Matthews stressed the importance of working with others. Rather than trying to drive change alone he stressed the importance of building partnerships with other like-minded asset owners to drive systemic change. “There are strategies you are able to deploy once you understand your position,” he said.

Matthews said that pension funds do have legitimacy to push for change. They are acting on behalf of their members to shape issues on a global scale. Still, he noted investors do have a careful path to navigate because some action points are areas for governments – although he noted areas where governments should act, but don’t. The mining industry is crucial to society, yet one of the worst industries at managing systemic change, he said.

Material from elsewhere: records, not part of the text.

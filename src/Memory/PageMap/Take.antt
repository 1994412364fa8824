-- ===== src/Memory/PageMap/Take.antt =====
-- A frame for a new table of memory/paging_map.c.
use helos.Prelude.{
  ℕ, ◌+◌, ◌-◌, ◌*◌, ◌/◌, ◌≤◌, ◌≡◌, refl, ap, ◌∙◌, ◌&&◌, [], ◌∷◌, if◌then◌else◌, ltb, leb, arith,
  length,
}
use helos.Memory.Physical.{Frames, page_size, search_frame, allocate_frames}
use helos.Memory.Physical.Search.{Found, search_frame-Found}
use helos.Memory.Physical.Count.{
  unused, unused-Found, search_frame-unused, allocate_frames-cons, allocate_frames-zero,
}
use helos.Memory.PageMap.{Paging, clear, take_frames, take_one_frame}

-- What the allocator hands out, as the tables see it.
pub record Taken (s : Paging) (a : ℕ) (s' : Paging) : Type 0 where
  pub found : Found s.frames a s'.frames
  pub cleared :
      (t i : ℕ) → s'.tables t i ≡ (if leb a t && ltb t (a + page_size) then 0 else s.tables t i)
  pub same_root : s'.pml4 ≡ s.pml4
  pub same_disable : s'.execute_disable ≡ s.execute_disable
  pub fewer : unused s.frames ≤ unused s'.frames + 1

take_one_frame-eq :
    (s : Paging) (a : ℕ) (f : Frames)
    → allocate_frames 1 s.frames ≡ (a ∷ [], f)
    → take_one_frame s ≡ (
      a,
      record s {
        frames = f;
        tables = λ t i. if leb a t && ltb t (a + page_size) then 0 else s.tables t i;
      },
    )
unfolding take_one_frame take_frames clear
take_one_frame-eq s a f e = rw (e, take_one_frame) refl

pub take_one_frame-Taken :
    (s : Paging)
    → s.frames.end_page ≤ 64 * length s.frames.bitmap
    → 1 ≤ unused s.frames
    → Taken s (take_one_frame s).0 (take_one_frame s).1
take_one_frame-Taken s h k =
    let fuel = s.frames.end_page / 64 - s.frames.phy_i in
    let (a, e) = search_frame-unused fuel s.frames (omega arith) k in
    let found = search_frame-Found fuel s.frames a h e in
    let one =
      allocate_frames-cons 0 s.frames e
      ∙ ap (λ r. (a ∷ r.0, r.1)) (allocate_frames-zero (search_frame fuel s.frames).1) in
    rw (take_one_frame-eq s a (search_frame fuel s.frames).1 one) (record {
      found = found;
      cleared = λ t i. refl;
      same_root = refl;
      same_disable = refl;
      fewer = unused-Found found;
    })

Delegates heard how for universal owners, externalities created in one part of the portfolio will be paid for in other parts yet universal owners can’t stock pick their way out.

Universal owners can have an impact via their asset allocation, and the threat of divestment does scare companies. “Tactics are available to universal owners to get companies to change their behaviour,” said Ellen Quigley, sustainability advisor to the CIO, University of Cambridge, who is also a senior research associate at the Centre for the Study of Existential Risk.

She said oil companies will see their cost of capital rise if fewer banks lend to them. She urged investors to engage with banks given most new capital flowing into fossil fuels comes via bank loans and bond issues. She added investors can also steer clear of fossil fuel infrastructure because it is visible and not data dependent.